The property is_valid_cache() therefore allows to control whether a stored node can be used as a source in the caching mechanism. By default, for all nodes, the property returns True. However, this can be changed on a per-node basis, by setting it to False

node = load_node(<IDENTIFIER>)
node.base.caching.is_valid_cache = False

Setting the property to False, will cause an extra to be stored on the node in the database, such that even when it is loaded at a later point in time, is_valid_cache returns False.

node = load_node(<IDENTIFIER>)
assert node.base.caching.is_valid_cache is False

Through this method, it is possible to guarantee that individual nodes are never used as a source for caching.

The Process class overrides the is_valid_cache() property to give more fine-grained control on process nodes as caching sources. If either is_valid_cache() of the base class or is_finished() returns False, the process node is not a valid source. Likewise, if the process class cannot be loaded from the node, through the process_class(), the node is not a valid caching source. Finally, if the associated process class implements the is_valid_cache() method, it is called, passing the node as an argument. If that returns True, the node is considered to be a valid caching source.

The is_valid_cache() is implemented on the Process class. It will check whether the exit code that is set on the node, if any, has the keyword argument invalidates_cache set to True, in which case the property will return False indicating the node is not a valid caching source. Whether an exit code invalidates the cache, is controlled with the invalidates_cache argument when it is defined on the process spec through the spec.exit_code method.


Process plugins can override the is_valid_cache() method, to further control how nodes are considered valid caching sources. When doing so, make sure to call super().base.caching.is_valid_cache(node) and respect its output: if it is False, your implementation should also return False. If you do not comply with this, the invalidates_cache keyword on exit codes will no longer work.

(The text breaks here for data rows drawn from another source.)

-- ===== src/Server/Lru.antt =====
-- cmd/flowd/server/lru.go: the cache of compiled engines. An element of the container/list is the number
-- of its allocation; `entries` is what the elements point to, `order` the list from the front. A `cap`
-- that is not positive is 0, since only `cap > 0` is read. Each method holds the mutex.
pub mod Recency
pub mod Slots
pub mod Holds
pub mod Refines
pub mod Serve
use llm_agent_flow.Base.{
  ℕ, suc, String, Bool, true, false, ◌&&◌, Option, none, some, List, [], ◌∷◌, length, ltb, nat_eq,
  update, if◌then◌else◌,
}

pub record CacheEntry (A : Type 0) : Type 0 where
  pub key : String
  pub value : A

pub record EngineCache (A : Type 0) : Type 0 where
  pub cap : ℕ
  pub items : String → Option ℕ
  pub order : List ℕ
  pub entries : ℕ → Option (CacheEntry A)
  pub next : ℕ

-- container/list
abbrev pub holds : ℕ → List ℕ → Bool
holds el [] = false
holds el (e ∷ order) = if nat_eq e el then true else holds el order

abbrev pub unlink : ℕ → List ℕ → List ℕ
unlink el [] = []
unlink el (e ∷ order) = if nat_eq e el then order else e ∷ unlink el order

abbrev pub move_to_front : ℕ → List ℕ → List ℕ
move_to_front el order = if holds el order then el ∷ unlink el order else order

abbrev pub back : List ℕ → Option ℕ
back [] = none
back (e ∷ []) = some e
back (e ∷ f ∷ order) = back (f ∷ order)

module _ {A : Type 0} where
  abbrev pub write : (ℕ → Option (CacheEntry A)) → ℕ → CacheEntry A → ℕ → Option (CacheEntry A)
  write entries el entry e = if nat_eq e el then some entry else entries e

  abbrev pub new_engine_cache : ℕ → EngineCache A
  new_engine_cache capacity = record {
    cap = capacity;
    items = λ key. none;
    order = [];
    entries = λ el. none;
    next = 0;
  }

  unfoldable pub get : String → EngineCache A → Option A × EngineCache A
  get key c = elim (c.items key) [
    | none ↦ (none, c)
    | some el ↦ elim (c.entries el) [
      | none ↦ (none, c)
      | some entry ↦ (some entry.value, record c { order = move_to_front el c.order })
    ]
  ]

  -- Remove the last element, and its key.
  unfoldable pub evict_lru : EngineCache A → EngineCache A
  evict_lru c = elim (back c.order) [
    | none ↦ c
    | some el ↦ elim (c.entries el) [
      | none ↦ c
      | some entry ↦ record c { order = unlink el c.order; items = update c.items entry.key none }
    ]
  ]

  abbrev pub push : String → A → EngineCache A → EngineCache A
  push key value c = record c {
    entries = write c.entries c.next (record { key = key; value = value });
    order = c.next ∷ c.order;
    items = update c.items key (some c.next);
    next = suc c.next;
  }

  -- `if c.cap > 0 && c.order.Len() > c.cap { c.evictLRU() }`
  unfoldable pub make_room : EngineCache A → EngineCache A
  make_room c = if ltb 0 c.cap && ltb c.cap (length c.order) then evict_lru c else c

  unfoldable pub set : String → A → EngineCache A → EngineCache A
  unfolding make_room
  set key value c = elim (c.items key) [
    | none ↦ make_room (push key value c)
    | some el ↦ elim (c.entries el) [
      | none ↦ c
      | some entry ↦ record c {
        entries = write c.entries el (record entry { value = value });
        order = move_to_front el c.order;
      }
    ]
  ]

  unfoldable pub delete : String → EngineCache A → EngineCache A
  delete key c = elim (c.items key) [
    | none ↦ c
    | some el ↦ record c { order = unlink el c.order; items = update c.items key none }
  ]

  abbrev pub len : EngineCache A → ℕ
  len c = length c.order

Limitations and Guidelines#

  1. Workflow nodes are not cached. In the current design this follows from the requirement that the provenance graph be independent of whether caching is enabled or not:

    • Calculation nodes: Calculation nodes can have data inputs and create new data nodes as outputs. In order to make it look as if a cloned calculation produced its own outputs, the output nodes are copied and linked as well.

    • Workflow nodes: Workflows differ from calculations in that they can return an input node or an output node created by a calculation. Since caching does not care about the identity of input nodes but only their content, it is not straightforward to figure out which node to return in a cached workflow.

    This limitation has typically no significant impact since the runtime of AiiDA work chains is commonly dominated by expensive calculations.

  2. The caching mechanism for calculations should trigger only when the inputs and the calculation to be performed are exactly the same. While AiiDA’s hashes include the version of the Python package containing the calculation/data classes, it cannot detect cases where the underlying Python code was changed without increasing the version number. Another scenario that can lead to an erroneous cache hit is if the parser and calculation are not implemented as part of the same Python package, because the calculation nodes store only the name, but not the version of the used parser.

  3. While caching saves unnecessary computations, it does not necessarily save space as the cached calculation and its output nodes are duplicated in the provenance graph. However, AiiDA’s default disk-objectstore storage backend comes with automatic de-duplication at the object level. Disk usage therefore remains unaffected with this backend, except for node metadata stored at the database level.

  4. Finally, When modifying the hashing/caching behaviour of your classes, keep in mind that cache matches can go wrong in two ways:

    • False negatives, where two nodes should have the same hash but do not

    • False positives, where two different nodes get the same hash by mistake

    False negatives are highly preferrable because they only increase the runtime of your calculations, while false positives can lead to wrong results.